I remembered the night I had asked strangers on the web for advice. It had been late, the house asleep, the glow from my slate a small island in the dark. I’d posted in a corner forum — an anonymous thread with a dozen avatars that looked like doodles and old logos — under a throwaway name. Sold small craft. How to cash out without the Bureau seeing? My heart had thumped with fear and hope for possible answers to the question.

[ Official source: http://www.betwix.co — © JL Chee ]

Answers came back in waves: sympathetic, speculative, wary. One person said, “Try a peer swap — folks trade credits for coin in chat hubs.” Another suggested using a “third-party broker” that acted like a marketplace middleman. Someone else warned that the least-scrupulous paths usually left the biggest scars. A moderator caution: “Anything that looks like hiding will draw attention. Keep volumes small. Keep it human.”

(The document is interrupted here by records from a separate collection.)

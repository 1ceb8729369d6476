-- ===== src/Common/Sorting.antt =====
-- The stable sorting of lists, and lists of items that stand under a text.
use Prim.Native.String.{String}
use mathlib.Core.Bool.{Bool, true, false}
use mathlib.Core.List.{List, [], ◌∷◌}
use mathlib.Core.Option.{Option, none, some}
use mathlib.Core.Path.{◌≡◌, refl}
use native.Mathlib.Omega.{arith}
use text.Mathlib.Text.{◌==◌}
use text.Mathlib.TextEquality.{eq_iff}
use speechmesh.Common.Tests.{if◌then◌else◌}
use speechmesh.Common.Order.{text_leb}

-- `sort_by`, with `le` for "not greater".
module _ {ℓ} {A : Type ℓ} (le : A → A → Bool) where
  insert_sorted : A → List A → List A
  insert_sorted x [] = x ∷ []
  insert_sorted x (y ∷ ys) =
      let rest = insert_sorted x ys in if le x y then x ∷ y ∷ ys else y ∷ rest

  unfoldable pub sort_by : List A → List A
  unfolding insert_sorted
  sort_by [] = []
  sort_by (x ∷ xs) = insert_sorted x (sort_by xs)

module _ {ℓ} {A : Type ℓ} (key : A → String) where
  -- The first item under a key.
  abbrev pub find_key : String → List A → Option A
  find_key k [] = none
  find_key k (x ∷ xs) = if key x == k then some x else find_key k xs

  pub find_key-key : (k : String) (xs : List A) (x : A) → find_key k xs ≡ some x → key x ≡ k
  find_key-key k [] x h = cc
  find_key-key k (y ∷ ys) x h = ground (arith, eq_iff (key y) k, find_key-key k ys x)

  -- No two items under one key.
  abbrev pub IsUnique : List A → Type ℓ
  IsUnique [] = Unit
  IsUnique (x ∷ xs) = (find_key (key x) xs ≡ none) × IsUnique xs

  abbrev pub IsOrdered : List A → Type 0
  IsOrdered [] = Unit
  IsOrdered (x ∷ []) = Unit
  IsOrdered (x ∷ y ∷ ys) = (text_leb (key x) (key y) ≡ true) × IsOrdered (y ∷ ys)

module _ {ℓ} {A : Type ℓ} (key : A → String) (le : A → A → Bool) where
  find_key-insert_sorted :
      (k : String) (x : A) (xs : List A)
      → find_key key (key x) xs ≡ none
      → find_key key k (insert_sorted le x xs) ≡ find_key key k (x ∷ xs)
  unfolding insert_sorted
  find_key-insert_sorted k x [] h = refl
  find_key-insert_sorted k x (y ∷ ys) h = ground (
    arith,
    eq_iff (key y) (key x),
    eq_iff (key x) k,
    eq_iff (key y) k,
    find_key-insert_sorted k x ys,
  )

  insert_sorted-IsUnique :
      (x : A) (xs : List A) → IsUnique key (x ∷ xs) → IsUnique key (insert_sorted le x xs)
  unfolding insert_sorted
  insert_sorted-IsUnique x [] u = u
  insert_sorted-IsUnique x (y ∷ ys) u = ground (
    arith,
    eq_iff (key y) (key x),
    eq_iff (key x) (key y),
    find_key-insert_sorted (key y) x ys,
    insert_sorted-IsUnique x ys,
  )

  -- A search does not see the sorting, where the keys are unique.
  pub find_key-sort_by :
      (k : String) (xs : List A)
      → IsUnique key xs
      → find_key key k (sort_by le xs) ≡ find_key key k xs
  unfolding sort_by
  find_key-sort_by k [] u = refl
  find_key-sort_by k (x ∷ xs) u = ground (
    arith,
    find_key-insert_sorted k x (sort_by le xs),
    find_key-sort_by k xs u.1,
    find_key-sort_by (key x) xs u.1,
  )

  pub sort_by-IsUnique : (xs : List A) → IsUnique key xs → IsUnique key (sort_by le xs)
  unfolding sort_by
  sort_by-IsUnique [] u = tt
  sort_by-IsUnique (x ∷ xs) u =
      insert_sorted-IsUnique x (sort_by le xs)
        (rw (find_key-sort_by (key x) xs u.1) u.0, sort_by-IsUnique xs u.1)

  module _ (lower : (x y : A) → le x y ≡ true → text_leb (key x) (key y) ≡ true)
      (higher : (x y : A) → le x y ≡ false → text_leb (key y) (key x) ≡ true) where
    insert_sorted-IsOrdered :
        (x : A) (xs : List A) → IsOrdered key xs → IsOrdered key (insert_sorted le x xs)
    unfolding insert_sorted
    insert_sorted-IsOrdered x [] o = tt
    insert_sorted-IsOrdered x (y ∷ []) o = ground (arith, lower x y, higher x y)
    insert_sorted-IsOrdered x (y ∷ z ∷ zs) o =
        ground (arith, lower x y, higher x y, insert_sorted-IsOrdered x (z ∷ zs) o.1)

    pub sort_by-IsOrdered : (xs : List A) → IsOrdered key (sort_by le xs)
    unfolding sort_by
    sort_by-IsOrdered [] = tt
    sort_by-IsOrdered (x ∷ xs) = insert_sorted-IsOrdered x (sort_by le xs) (sort_by-IsOrdered xs)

None of them posted in usable details. That had been the point. The forum spoke in hints and analogies, much like how Nona tells you the ingredients to her eggplant parmesan but forgets to include the amounts and detailed how-to instructions. The forum participants taught me the language of discretion: which words to avoid scrutiny, which places to trust with only a sliver of coin, how to split a payment into several small transfers so it looked like ordinary trade. They spoke in metaphors — river stones and loaves of bread — and I picked up this new language fast.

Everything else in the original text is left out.